第二師變外處中有三:一、破他;二、申自;三、釋妨。破他中有三:一、聖應變穢難;二、凡應變淨難;三、無因變下難。
第三師中亦三:一、破他;二、申自義;三、釋妨。此說一切共受用等是。破中有三:一、器壞無因難;二、已厭無用難;三、有身無益難。
其上天眼、耳見、聞下色、聲,不託本質,如第七卷解。第八得自相,見、相異界攝。五識得自相,應許別界收。不許別界者,云何名得自相?第七卷解不許。今解云:「許異界」,無失。先解得處自相義,今解得事自相。勝定果色大種造不?如《對法》第一末疏雖有五文說造不同,說先變為大種,後造色生,並同繫等文者。有義此說依欲、色二界地定果色,以有所依身故;無色界定果色從本質大種造,定中無大種,無所依身故。
「定等有界、地、自、他不定」者,此有五:一、定力;二、通力;三、善法力;四、借識力;五、大願力。由行大願,引他地色現在前。然第八識唯有初二,後亦通餘,因便顯之,亦無過失。如第八識無漏意引定果色,令欲界第八變,不妨欲界有定果色種,無能引變。如第八緣境中色、聲、觸中假色緣不?緣者法處,假色何故不緣。任運心及八俱心所有此妨。見隨本定種子生,名因緣變。此為正義。

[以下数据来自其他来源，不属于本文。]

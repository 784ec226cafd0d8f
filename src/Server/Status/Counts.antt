-- ===== src/Server/Status/Counts.antt =====
-- The sums of the counters of `ServerStatus`.
use caviar_hacker_grid.Base.{ℕ, suc, ◌+◌, [], ◌∷◌, ◌≡◌, refl, arith, some, ◌≤◌}
use caviar_hacker_grid.Base.StdMap.{Order, StdMap, update, IsSorted, lookup}
use caviar_hacker_grid.Base.StdMap.Keys.{int_order, text_order}
use caviar_hacker_grid.Base.StdMap.Laws.{update-IsSorted}
use caviar_hacker_grid.Base.Text.{Bytes}
use caviar_hacker_grid.Server.Status.{Status, count_one, log_incoming_request, new_status}

module _ {ℓ} {K : Type ℓ} ⦃o : Order K⦄ where
  -- All counts together.
  abbrev pub total : StdMap K ℕ → ℕ
  total [] = 0
  total ((k, n) ∷ m) = n + total m

  pub total-update : (k : K) (m : StdMap K ℕ) → total (update count_one k m) ≡ suc (total m)
  unfolding update
  total-update k [] = omega arith
  total-update k ((j, n) ∷ m) = ground (arith, total-update k m)

-- Both maps have their keys in order, and each adds up to the number of requests.
pub record IsConsistent (s : Status) : Type 0 where
  pub urls_sorted : IsSorted s.request_count_by_url
  pub codes_sorted : IsSorted s.response_count_by_code
  pub urls_total : total s.request_count_by_url ≡ s.requests
  pub codes_total : total s.response_count_by_code ≡ s.requests

pub new_status-IsConsistent : IsConsistent new_status
new_status-IsConsistent = record {
  urls_sorted = tt;
  codes_sorted = tt;
  urls_total = refl;
  codes_total = refl;
}

-- Another request keeps both maps in order and their counts adding up to the number of requests.
pub log_incoming_request-IsConsistent :
    (url : Bytes) (code : ℕ) {s : Status}
    → IsConsistent s
    → IsConsistent (log_incoming_request url code s)
unfolding log_incoming_request
log_incoming_request-IsConsistent url code {s} c = record {
  urls_sorted = update-IsSorted count_one url s.request_count_by_url c.urls_sorted;
  codes_sorted = update-IsSorted count_one code s.response_count_by_code c.codes_sorted;
  urls_total = omega (arith, total-update url s.request_count_by_url, c.urls_total);
  codes_total = omega (arith, total-update code s.response_count_by_code, c.codes_total);
}

module _ {ℓ} {K : Type ℓ} ⦃o : Order K⦄ where
  -- No counter is above the number of all counts.
  pub lookup-total : (k : K) (n : ℕ) (m : StdMap K ℕ) → lookup k m ≡ some n → n ≤ total m
  unfolding lookup
  lookup-total k n [] e = cc
  lookup-total k n ((j, i) ∷ m) e = ground (arith, lookup-total k n m)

勝定果色略以七門分別:一、凡、聖起。如《對法》抄:色界通果,可通凡、聖。如〈三十三文〉:若無色界毘鉢舍那菩薩緣三界及無漏,亦有定色淚下如雨及宮殿香故。必要是聲聞能變,非是地前故。皆通凡、聖,皆能起之。有用、無用即成差別,如〈三十三〉說。第二、依地者。此有二門:(一)能變依;(二)所變依。能變之中通唯四定,如《唯識疏》。定力通無色,色界六地、無色四地可然;餘七方便作用狹劣;欣厭上下無勝力能故,不能變。或方便初未至亦無相故。有義非想行相微細、闇昧故,不能;初近分地亦無廣通故,亦不能。此上隨依,通有漏、無漏。所變依者:變色、無色界及與無漏,決定皆得,隨能變故。於欲界中如身在下界,意引定果色。與上界色類相似及無漏者,欲界五識未必能觀,名無見無對。下界第八所緣可爾,如眼、耳通扶根塵等。此類甚多。若有四禪小作欲界化,能引麁色似欲界者,為令欲界眾生受用,即令五識第八所緣皆欲界繫,隨意樂力起色果故,亦復無遮。〈三十三〉云:聖神通變能令受用成辨所作故。三、有漏、無漏。凡夫所變唯有漏,不能令用,唯令他見,如〈三十三〉說。聖者所變通有漏、無漏,因五、第八見,皆唯有漏,相勢同故。唯無記性,在果唯無漏善,自、他俱然。第六意變自、他,俱通有漏、無漏,通善、無記,利戲別故。然無色界及中間唯是善性,無通果,唯定境,無記定不能故。四靜慮果即通無記,此在七地以前,二乘、異生,非八地等。四、具境多少。不變根等在中,如《對法抄》等。五、大種造性,如《對法抄》。六、定通別,如《唯識疏》。七、界處所攝者:因中意識第八所變之色,五識不得,定屬法處。以境對根,及果對因,皆定爾故。能緣之根俱是意處、意界、意識界故;以果屬因,定法處所攝故;不以影從質五塵等攝,五不見故;亦得從質為名,名色、聲、香、味、觸等故。然有不依質而變故,不以影,從質攝。若令五識得受用者,即通五外處及法處攝。法處攝如前說。五境攝者,以境對根,離因從果故。若五識外境,以果從因,名勝定果,亦法處攝。意、八俱境相從亦爾。在佛果上五識、意識、第七、八所變實色者,從五識故,皆名五塵。不爾,佛果十八界云何名無漏,《佛地》、《唯識》廣成立故,如散心五、八意所變五塵皆五塵故。佛果意識中第七、八所變假色,如八勝處等,可唯法處。若五識等亦五外境收。今唯於法處說勝定果者,由在因中根本色故,多五不緣,自體微細,名無見對。若神通等所發許五見者。《顯揚》第一:勝定果法處色所依成就者,亦令他見,即非無見無對。非如散色,名無見對,從本為名,非實無也。〈三十三〉云:凡夫神通定猶令他見故,即依此義。有說佛果無十五界,若不爾者,勝定果色應不唯法處。護法等解約因位中安立諦,但說有處、界故,唯法處說勝定果。不爾,云何經言十八界種通有、無漏,獲常色等。故前解善。
「因緣故變」等中,《疏》有四釋:一、因緣者,任運義;分別者,強思義。難陀師觸等五法亦能受熏,持諸種子,變皆有用。即違《成業》多種生芽。下第三卷自當廣釋非也。第二、因緣者,諸法實因緣;分別者,餘七識。非實種子故,唯取第八所變是因緣變者,此言因緣是何義?若論異熟,應通五數,何故不爾?若五識所變不是實法,云何名「得自相」?若言得處自相,非事自相,即青、黃等及定四大等,非五識得。甚大靈異火燒身時,應不覺痛等。又「本識得實非五識」者,即應五塵法處所攝,非五境攝。「許五識得自相」者,以總從別,五塵所收。既不許緣自相,如何以假從實,五塵所攝。如勝定果色本唯意變,設雖五識得,以末從本,名「勝定果」,法處所收。離本說末,以境對根,可五塵攝。青、黃等色五本不得,唯意所緣,應法處收。何因以實從假,五塵所收。第三、解云:「因緣」者異熟心,「因」謂名言種子,「緣」謂善、惡業緣,若隨此生,變必有用。本識觸等為例應爾。若不自在故非者,五識非一切時,是業果故,俱意亦然。如何變必有用?又獨頭之意是業果心,因緣變故,亦應有用。由此故知第四說善。「因緣」者法體實從真種子生。從真種子生者,所變有用。餘名分別:性境不隨心,獨影唯從見,帶質通情本,性種等隨應。性境全及,帶質一分,是因緣變。獨影及帶質一分,是分別變。然帶質境可通因緣、分別二門,從種及見二門攝故。若所緣心無心用者,見分為境,自證分緣,云何有用?答:自體義分,非相分故。
「變無為等,便無實用等」者:等取不相應法,無為無實,所等不相應無用。合而為文,非無為無用也。有解真如未證實,假無為無用,二俱不緣。合而為文,故言無實用。又解真如雖無實作用,今言用者,力用,即是真如離繫之力。今言本識變為真如,不如本體,無實離繫之力,名無實用。非無作用名為無用也。此解為正。又設影像心中亦無實用,所以不變。
說第八識緣三種境,不言法處境者:依非定通力,法爾所緣故;設變法處不異內身及外器二故;即二攝盡。